Dataset items:
···

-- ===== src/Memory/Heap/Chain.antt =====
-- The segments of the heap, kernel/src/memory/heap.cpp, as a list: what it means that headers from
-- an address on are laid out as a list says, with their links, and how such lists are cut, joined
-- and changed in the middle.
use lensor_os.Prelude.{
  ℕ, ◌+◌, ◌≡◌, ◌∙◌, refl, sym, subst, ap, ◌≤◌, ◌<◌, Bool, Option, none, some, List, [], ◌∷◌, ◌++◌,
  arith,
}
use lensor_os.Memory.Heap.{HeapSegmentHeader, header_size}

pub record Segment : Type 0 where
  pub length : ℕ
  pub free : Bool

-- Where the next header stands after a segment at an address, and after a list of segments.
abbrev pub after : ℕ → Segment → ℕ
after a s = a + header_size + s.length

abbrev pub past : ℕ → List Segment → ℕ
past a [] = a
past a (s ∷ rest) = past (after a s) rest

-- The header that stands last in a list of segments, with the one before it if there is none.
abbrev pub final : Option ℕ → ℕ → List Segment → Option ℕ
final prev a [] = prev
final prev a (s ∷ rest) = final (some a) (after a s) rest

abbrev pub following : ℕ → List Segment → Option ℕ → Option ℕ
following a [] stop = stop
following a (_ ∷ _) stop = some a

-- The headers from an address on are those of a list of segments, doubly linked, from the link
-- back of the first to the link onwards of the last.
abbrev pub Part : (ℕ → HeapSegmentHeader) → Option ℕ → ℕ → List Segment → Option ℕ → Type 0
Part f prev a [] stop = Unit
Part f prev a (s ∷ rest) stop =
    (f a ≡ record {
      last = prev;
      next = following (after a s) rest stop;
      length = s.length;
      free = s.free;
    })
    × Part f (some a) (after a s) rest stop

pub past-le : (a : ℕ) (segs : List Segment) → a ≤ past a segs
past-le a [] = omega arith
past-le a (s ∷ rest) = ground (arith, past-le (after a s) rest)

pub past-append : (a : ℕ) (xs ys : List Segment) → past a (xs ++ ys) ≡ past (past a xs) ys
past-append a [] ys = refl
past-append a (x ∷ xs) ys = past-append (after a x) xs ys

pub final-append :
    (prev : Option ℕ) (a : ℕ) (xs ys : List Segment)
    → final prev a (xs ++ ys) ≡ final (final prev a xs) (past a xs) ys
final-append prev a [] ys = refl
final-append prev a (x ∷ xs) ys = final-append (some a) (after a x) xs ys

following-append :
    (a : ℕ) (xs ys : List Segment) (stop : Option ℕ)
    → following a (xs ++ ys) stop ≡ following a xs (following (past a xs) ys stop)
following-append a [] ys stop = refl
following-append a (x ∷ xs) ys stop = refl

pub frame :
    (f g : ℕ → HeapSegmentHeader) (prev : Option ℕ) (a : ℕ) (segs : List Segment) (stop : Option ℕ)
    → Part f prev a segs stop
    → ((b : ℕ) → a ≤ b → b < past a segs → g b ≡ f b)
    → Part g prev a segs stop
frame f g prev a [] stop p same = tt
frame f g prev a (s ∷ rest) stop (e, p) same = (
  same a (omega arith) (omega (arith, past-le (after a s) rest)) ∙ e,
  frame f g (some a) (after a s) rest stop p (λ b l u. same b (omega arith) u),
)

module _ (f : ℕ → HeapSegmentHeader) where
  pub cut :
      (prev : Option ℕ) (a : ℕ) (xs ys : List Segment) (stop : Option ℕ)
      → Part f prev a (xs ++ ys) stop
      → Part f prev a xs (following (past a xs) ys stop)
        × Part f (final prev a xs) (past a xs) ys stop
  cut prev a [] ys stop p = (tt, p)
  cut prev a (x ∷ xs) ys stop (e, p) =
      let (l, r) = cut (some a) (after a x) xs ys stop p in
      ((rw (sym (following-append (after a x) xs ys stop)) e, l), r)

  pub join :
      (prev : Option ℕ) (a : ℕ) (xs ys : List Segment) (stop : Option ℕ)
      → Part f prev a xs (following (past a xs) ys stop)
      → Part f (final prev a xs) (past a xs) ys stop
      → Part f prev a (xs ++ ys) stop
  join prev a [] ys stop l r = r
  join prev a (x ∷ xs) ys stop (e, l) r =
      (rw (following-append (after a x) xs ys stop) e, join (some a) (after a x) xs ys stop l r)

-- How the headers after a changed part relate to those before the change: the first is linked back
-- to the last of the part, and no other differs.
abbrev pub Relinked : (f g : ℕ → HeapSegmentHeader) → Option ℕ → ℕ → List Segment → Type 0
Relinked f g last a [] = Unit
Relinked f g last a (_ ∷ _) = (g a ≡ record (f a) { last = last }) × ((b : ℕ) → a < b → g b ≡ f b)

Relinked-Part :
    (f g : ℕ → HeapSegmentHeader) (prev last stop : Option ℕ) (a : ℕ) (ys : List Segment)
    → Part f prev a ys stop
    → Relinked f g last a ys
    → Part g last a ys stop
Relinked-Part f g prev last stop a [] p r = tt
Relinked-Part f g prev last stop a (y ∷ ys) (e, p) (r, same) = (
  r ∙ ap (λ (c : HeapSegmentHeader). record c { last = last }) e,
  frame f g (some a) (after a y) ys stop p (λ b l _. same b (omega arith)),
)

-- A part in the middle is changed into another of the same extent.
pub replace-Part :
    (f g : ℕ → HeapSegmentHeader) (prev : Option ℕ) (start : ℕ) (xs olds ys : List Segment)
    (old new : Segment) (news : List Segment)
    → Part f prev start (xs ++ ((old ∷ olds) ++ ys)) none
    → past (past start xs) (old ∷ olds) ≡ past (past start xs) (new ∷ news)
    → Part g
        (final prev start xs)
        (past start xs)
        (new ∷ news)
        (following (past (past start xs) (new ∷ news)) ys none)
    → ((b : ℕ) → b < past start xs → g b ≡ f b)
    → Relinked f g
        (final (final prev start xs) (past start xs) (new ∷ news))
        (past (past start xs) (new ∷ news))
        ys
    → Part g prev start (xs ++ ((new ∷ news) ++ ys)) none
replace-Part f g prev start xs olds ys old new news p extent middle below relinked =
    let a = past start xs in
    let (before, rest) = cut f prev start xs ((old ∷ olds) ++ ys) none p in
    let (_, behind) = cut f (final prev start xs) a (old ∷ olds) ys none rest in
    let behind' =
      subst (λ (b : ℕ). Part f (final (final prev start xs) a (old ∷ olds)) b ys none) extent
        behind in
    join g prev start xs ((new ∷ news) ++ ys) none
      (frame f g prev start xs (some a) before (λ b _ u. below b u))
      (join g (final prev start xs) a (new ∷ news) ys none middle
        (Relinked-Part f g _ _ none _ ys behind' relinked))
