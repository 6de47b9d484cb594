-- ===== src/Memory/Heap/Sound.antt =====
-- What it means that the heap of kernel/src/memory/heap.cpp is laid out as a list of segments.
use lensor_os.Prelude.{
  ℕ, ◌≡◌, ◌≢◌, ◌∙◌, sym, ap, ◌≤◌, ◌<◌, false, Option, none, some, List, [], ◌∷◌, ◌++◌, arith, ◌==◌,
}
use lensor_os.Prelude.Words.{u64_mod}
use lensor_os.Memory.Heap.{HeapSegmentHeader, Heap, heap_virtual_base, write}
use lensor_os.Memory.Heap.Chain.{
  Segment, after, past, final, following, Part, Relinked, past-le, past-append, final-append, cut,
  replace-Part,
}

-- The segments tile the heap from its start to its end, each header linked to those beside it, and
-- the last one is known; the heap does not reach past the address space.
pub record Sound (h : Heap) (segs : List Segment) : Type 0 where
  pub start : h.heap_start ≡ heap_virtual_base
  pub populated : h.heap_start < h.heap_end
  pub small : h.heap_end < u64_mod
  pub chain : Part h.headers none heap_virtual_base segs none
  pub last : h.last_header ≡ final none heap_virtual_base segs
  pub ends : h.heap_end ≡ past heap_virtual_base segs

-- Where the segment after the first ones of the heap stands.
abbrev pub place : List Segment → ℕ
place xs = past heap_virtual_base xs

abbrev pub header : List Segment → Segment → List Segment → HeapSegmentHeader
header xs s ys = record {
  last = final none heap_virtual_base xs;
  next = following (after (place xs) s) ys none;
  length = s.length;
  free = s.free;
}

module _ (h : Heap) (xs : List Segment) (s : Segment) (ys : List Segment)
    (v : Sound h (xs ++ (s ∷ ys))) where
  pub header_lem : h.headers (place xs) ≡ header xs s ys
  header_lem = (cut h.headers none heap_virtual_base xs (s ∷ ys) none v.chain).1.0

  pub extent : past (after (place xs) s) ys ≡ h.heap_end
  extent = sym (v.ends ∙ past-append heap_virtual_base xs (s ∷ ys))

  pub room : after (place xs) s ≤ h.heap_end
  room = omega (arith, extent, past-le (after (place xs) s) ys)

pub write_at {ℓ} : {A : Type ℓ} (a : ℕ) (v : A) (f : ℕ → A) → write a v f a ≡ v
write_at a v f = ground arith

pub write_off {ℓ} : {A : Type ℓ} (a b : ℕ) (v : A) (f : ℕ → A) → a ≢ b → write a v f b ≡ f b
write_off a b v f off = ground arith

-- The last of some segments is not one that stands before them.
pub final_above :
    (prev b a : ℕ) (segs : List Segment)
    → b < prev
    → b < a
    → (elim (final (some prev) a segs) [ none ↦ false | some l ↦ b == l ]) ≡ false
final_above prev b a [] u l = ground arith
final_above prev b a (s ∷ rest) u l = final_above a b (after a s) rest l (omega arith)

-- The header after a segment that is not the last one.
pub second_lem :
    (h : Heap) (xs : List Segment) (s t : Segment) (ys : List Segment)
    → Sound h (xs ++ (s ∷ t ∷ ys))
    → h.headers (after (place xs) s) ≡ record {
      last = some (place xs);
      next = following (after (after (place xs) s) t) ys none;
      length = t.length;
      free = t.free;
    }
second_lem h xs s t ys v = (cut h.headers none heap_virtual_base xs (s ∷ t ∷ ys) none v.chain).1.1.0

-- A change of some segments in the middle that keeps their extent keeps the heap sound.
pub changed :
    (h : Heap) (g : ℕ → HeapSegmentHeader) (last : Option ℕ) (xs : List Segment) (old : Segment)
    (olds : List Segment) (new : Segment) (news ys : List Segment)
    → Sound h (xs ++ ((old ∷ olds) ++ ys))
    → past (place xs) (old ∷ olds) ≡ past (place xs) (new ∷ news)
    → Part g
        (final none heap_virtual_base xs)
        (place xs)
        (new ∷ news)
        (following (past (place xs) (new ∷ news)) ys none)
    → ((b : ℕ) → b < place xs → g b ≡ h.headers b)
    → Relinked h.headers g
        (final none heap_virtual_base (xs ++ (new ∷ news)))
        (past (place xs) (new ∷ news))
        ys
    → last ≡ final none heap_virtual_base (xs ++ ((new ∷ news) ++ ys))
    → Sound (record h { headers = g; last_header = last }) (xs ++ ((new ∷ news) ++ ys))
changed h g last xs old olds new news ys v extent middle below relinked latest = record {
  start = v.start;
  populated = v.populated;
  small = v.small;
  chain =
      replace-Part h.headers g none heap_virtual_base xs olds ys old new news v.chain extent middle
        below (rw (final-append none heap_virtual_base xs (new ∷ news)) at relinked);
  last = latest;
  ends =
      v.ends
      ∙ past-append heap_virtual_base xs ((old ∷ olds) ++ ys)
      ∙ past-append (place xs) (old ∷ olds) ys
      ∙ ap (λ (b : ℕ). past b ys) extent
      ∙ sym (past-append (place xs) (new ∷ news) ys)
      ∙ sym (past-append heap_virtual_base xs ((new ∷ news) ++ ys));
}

···

What you are asked to do: Copy verbatim the span of lines that begins with the line holding "b ys) extent" and ends at the last line of the records.

Response for this exercise:
      ∙ ap (λ (b : ℕ). past b ys) extent
      ∙ sym (past-append (place xs) (new ∷ news) ys)
      ∙ sym (past-append heap_virtual_base xs ((new ∷ news) ++ ys));
}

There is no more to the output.